WORK TO BE COMPLETED:
Could you give the entries again, exactly as written?

(Dataset records)
──────────────────────────────
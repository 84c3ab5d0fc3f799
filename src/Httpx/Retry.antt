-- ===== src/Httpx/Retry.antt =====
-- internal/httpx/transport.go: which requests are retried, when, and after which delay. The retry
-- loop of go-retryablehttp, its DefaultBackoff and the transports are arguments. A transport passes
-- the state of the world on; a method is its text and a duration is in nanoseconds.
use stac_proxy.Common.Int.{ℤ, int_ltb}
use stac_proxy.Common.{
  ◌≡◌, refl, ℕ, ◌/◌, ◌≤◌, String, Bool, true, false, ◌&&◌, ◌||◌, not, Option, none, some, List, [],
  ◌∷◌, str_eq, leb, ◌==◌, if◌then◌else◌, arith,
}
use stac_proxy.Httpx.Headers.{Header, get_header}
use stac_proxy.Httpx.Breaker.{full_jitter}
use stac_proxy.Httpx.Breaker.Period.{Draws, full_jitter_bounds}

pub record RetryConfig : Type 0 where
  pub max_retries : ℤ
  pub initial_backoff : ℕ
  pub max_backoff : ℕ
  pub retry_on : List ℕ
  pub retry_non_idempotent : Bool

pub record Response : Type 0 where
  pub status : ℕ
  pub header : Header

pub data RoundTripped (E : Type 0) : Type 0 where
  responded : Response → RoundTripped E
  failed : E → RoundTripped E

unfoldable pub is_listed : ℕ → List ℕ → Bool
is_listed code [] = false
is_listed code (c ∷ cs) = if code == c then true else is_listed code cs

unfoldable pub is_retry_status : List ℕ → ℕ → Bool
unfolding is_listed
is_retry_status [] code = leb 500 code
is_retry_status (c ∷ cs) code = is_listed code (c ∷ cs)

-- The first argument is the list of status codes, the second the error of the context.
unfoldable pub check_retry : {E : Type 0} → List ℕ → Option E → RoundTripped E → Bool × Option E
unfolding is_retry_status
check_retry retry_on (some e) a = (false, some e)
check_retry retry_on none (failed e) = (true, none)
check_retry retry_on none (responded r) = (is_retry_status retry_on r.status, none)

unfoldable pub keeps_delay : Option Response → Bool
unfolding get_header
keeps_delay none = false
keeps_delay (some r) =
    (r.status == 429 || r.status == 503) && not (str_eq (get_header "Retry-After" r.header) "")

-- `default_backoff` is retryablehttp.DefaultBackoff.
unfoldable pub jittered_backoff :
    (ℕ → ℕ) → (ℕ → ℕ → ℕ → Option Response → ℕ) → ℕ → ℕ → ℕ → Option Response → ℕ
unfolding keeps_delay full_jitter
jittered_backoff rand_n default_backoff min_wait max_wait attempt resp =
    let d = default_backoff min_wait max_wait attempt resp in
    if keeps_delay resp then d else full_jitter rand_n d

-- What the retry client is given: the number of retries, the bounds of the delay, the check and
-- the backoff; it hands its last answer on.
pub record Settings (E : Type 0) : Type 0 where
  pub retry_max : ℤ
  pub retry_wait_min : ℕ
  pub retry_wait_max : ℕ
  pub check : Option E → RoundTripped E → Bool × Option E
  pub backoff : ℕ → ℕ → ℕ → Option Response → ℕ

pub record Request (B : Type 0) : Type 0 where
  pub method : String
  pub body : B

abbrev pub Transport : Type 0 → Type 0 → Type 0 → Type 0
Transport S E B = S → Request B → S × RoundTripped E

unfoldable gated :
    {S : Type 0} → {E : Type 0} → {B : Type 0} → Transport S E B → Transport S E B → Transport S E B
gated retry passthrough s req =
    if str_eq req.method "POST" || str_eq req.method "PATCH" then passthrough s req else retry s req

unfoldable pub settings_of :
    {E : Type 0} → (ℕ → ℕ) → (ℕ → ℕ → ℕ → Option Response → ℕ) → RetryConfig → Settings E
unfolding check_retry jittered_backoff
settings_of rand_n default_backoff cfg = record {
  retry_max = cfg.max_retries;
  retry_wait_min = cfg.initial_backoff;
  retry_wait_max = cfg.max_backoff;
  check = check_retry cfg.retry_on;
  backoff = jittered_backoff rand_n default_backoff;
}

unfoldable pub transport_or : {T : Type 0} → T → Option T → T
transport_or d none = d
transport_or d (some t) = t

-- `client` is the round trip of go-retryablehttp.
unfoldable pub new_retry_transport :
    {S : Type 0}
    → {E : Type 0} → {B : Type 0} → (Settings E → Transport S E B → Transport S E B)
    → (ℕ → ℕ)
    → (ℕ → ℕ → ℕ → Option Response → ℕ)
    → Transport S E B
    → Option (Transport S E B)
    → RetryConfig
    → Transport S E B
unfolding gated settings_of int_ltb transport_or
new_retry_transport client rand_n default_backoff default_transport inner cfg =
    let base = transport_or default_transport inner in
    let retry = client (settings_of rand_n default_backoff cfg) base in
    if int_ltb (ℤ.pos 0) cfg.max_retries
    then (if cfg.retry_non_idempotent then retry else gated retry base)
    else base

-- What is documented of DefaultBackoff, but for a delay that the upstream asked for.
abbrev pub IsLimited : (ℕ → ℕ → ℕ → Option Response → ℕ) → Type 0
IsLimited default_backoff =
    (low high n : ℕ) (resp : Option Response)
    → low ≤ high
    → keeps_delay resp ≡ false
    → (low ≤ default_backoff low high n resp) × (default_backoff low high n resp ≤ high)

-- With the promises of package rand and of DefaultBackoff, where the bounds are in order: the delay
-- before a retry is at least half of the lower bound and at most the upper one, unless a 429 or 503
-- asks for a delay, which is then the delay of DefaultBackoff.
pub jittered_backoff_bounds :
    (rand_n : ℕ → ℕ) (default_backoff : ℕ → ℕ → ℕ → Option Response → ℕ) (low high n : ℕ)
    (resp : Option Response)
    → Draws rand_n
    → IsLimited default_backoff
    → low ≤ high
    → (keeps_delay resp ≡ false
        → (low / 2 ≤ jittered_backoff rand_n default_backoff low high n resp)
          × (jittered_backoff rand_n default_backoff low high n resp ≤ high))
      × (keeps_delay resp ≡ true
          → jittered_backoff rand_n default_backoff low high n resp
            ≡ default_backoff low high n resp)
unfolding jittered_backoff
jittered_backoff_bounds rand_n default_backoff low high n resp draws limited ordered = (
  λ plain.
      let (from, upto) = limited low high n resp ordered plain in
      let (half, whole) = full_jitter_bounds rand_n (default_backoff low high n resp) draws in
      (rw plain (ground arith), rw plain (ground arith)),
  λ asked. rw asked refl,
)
──────────────────────────────
SOLUTION TO THIS TASK:
repository 84c3ab5d0fc3f799
filename src/Httpx/Retry.antt
-- ===== src/Httpx/Retry.antt =====
-- internal/httpx/transport.go: which requests are retried, when, and after which delay. The retry
-- loop of go-retryablehttp, its DefaultBackoff and the transports are arguments. A transport passes
-- the state of the world on; a method is its text and a duration is in nanoseconds.
use stac_proxy.Common.Int.{ℤ, int_ltb}
use stac_proxy.Common.{
  ◌≡◌, refl, ℕ, ◌/◌, ◌≤◌, String, Bool, true, false, ◌&&◌, ◌||◌, not, Option, none, some, List, [],
  ◌∷◌, str_eq, leb, ◌==◌, if◌then◌else◌, arith,
}
use stac_proxy.Httpx.Headers.{Header, get_header}
use stac_proxy.Httpx.Breaker.{full_jitter}
use stac_proxy.Httpx.Breaker.Period.{Draws, full_jitter_bounds}

pub record RetryConfig : Type 0 where
  pub max_retries : ℤ
  pub initial_backoff : ℕ
  pub max_backoff : ℕ
  pub retry_on : List ℕ
  pub retry_non_idempotent : Bool

pub record Response : Type 0 where
  pub status : ℕ
  pub header : Header

pub data RoundTripped (E : Type 0) : Type 0 where
  responded : Response → RoundTripped E
  failed : E → RoundTripped E

unfoldable pub is_listed : ℕ → List ℕ → Bool
is_listed code [] = false
is_listed code (c ∷ cs) = if code == c then true else is_listed code cs

unfoldable pub is_retry_status : List ℕ → ℕ → Bool
unfolding is_listed
is_retry_status [] code = leb 500 code
is_retry_status (c ∷ cs) code = is_listed code (c ∷ cs)

-- The first argument is the list of status codes, the second the error of the context.
unfoldable pub check_retry : {E : Type 0} → List ℕ → Option E → RoundTripped E → Bool × Option E
unfolding is_retry_status
check_retry retry_on (some e) a = (false, some e)
check_retry retry_on none (failed e) = (true, none)
check_retry retry_on none (responded r) = (is_retry_status retry_on r.status, none)

unfoldable pub keeps_delay : Option Response → Bool
unfolding get_header
keeps_delay none = false
keeps_delay (some r) =
    (r.status == 429 || r.status == 503) && not (str_eq (get_header "Retry-After" r.header) "")

-- `default_backoff` is retryablehttp.DefaultBackoff.
unfoldable pub jittered_backoff :
    (ℕ → ℕ) → (ℕ → ℕ → ℕ → Option Response → ℕ) → ℕ → ℕ → ℕ → Option Response → ℕ
unfolding keeps_delay full_jitter
jittered_backoff rand_n default_backoff min_wait max_wait attempt resp =
    let d = default_backoff min_wait max_wait attempt resp in
    if keeps_delay resp then d else full_jitter rand_n d

-- What the retry client is given: the number of retries, the bounds of the delay, the check and
-- the backoff; it hands its last answer on.
pub record Settings (E : Type 0) : Type 0 where
  pub retry_max : ℤ
  pub retry_wait_min : ℕ
  pub retry_wait_max : ℕ
  pub check : Option E → RoundTripped E → Bool × Option E
  pub backoff : ℕ → ℕ → ℕ → Option Response → ℕ

pub record Request (B : Type 0) : Type 0 where
  pub method : String
  pub body : B

abbrev pub Transport : Type 0 → Type 0 → Type 0 → Type 0
Transport S E B = S → Request B → S × RoundTripped E

unfoldable gated :
    {S : Type 0} → {E : Type 0} → {B : Type 0} → Transport S E B → Transport S E B → Transport S E B
gated retry passthrough s req =
    if str_eq req.method "POST" || str_eq req.method "PATCH" then passthrough s req else retry s req

unfoldable pub settings_of :
    {E : Type 0} → (ℕ → ℕ) → (ℕ → ℕ → ℕ → Option Response → ℕ) → RetryConfig → Settings E
unfolding check_retry jittered_backoff
settings_of rand_n default_backoff cfg = record {
  retry_max = cfg.max_retries;
  retry_wait_min = cfg.initial_backoff;
  retry_wait_max = cfg.max_backoff;
  check = check_retry cfg.retry_on;
  backoff = jittered_backoff rand_n default_backoff;
}

unfoldable pub transport_or : {T : Type 0} → T → Option T → T
transport_or d none = d
transport_or d (some t) = t

-- `client` is the round trip of go-retryablehttp.
unfoldable pub new_retry_transport :
    {S : Type 0}
    → {E : Type 0} → {B : Type 0} → (Settings E → Transport S E B → Transport S E B)
    → (ℕ → ℕ)
    → (ℕ → ℕ → ℕ → Option Response → ℕ)
    → Transport S E B
    → Option (Transport S E B)
    → RetryConfig
    → Transport S E B
unfolding gated settings_of int_ltb transport_or
new_retry_transport client rand_n default_backoff default_transport inner cfg =
    let base = transport_or default_transport inner in
    let retry = client (settings_of rand_n default_backoff cfg) base in
    if int_ltb (ℤ.pos 0) cfg.max_retries
    then (if cfg.retry_non_idempotent then retry else gated retry base)
    else base

-- What is documented of DefaultBackoff, but for a delay that the upstream asked for.
abbrev pub IsLimited : (ℕ → ℕ → ℕ → Option Response → ℕ) → Type 0
IsLimited default_backoff =
    (low high n : ℕ) (resp : Option Response)
    → low ≤ high
    → keeps_delay resp ≡ false
    → (low ≤ default_backoff low high n resp) × (default_backoff low high n resp ≤ high)

-- With the promises of package rand and of DefaultBackoff, where the bounds are in order: the delay
-- before a retry is at least half of the lower bound and at most the upper one, unless a 429 or 503
-- asks for a delay, which is then the delay of DefaultBackoff.
pub jittered_backoff_bounds :
    (rand_n : ℕ → ℕ) (default_backoff : ℕ → ℕ → ℕ → Option Response → ℕ) (low high n : ℕ)
    (resp : Option Response)
    → Draws rand_n
    → IsLimited default_backoff
    → low ≤ high
    → (keeps_delay resp ≡ false
        → (low / 2 ≤ jittered_backoff rand_n default_backoff low high n resp)
          × (jittered_backoff rand_n default_backoff low high n resp ≤ high))
      × (keeps_delay resp ≡ true
          → jittered_backoff rand_n default_backoff low high n resp
            ≡ default_backoff low high n resp)
unfolding jittered_backoff
jittered_backoff_bounds rand_n default_backoff low high n resp draws limited ordered = (
  λ plain.
      let (from, upto) = limited low high n resp ordered plain in
      let (half, whole) = full_jitter_bounds rand_n (default_backoff low high n resp) draws in
      (rw plain (ground arith), rw plain (ground arith)),
  λ asked. rw asked refl,
)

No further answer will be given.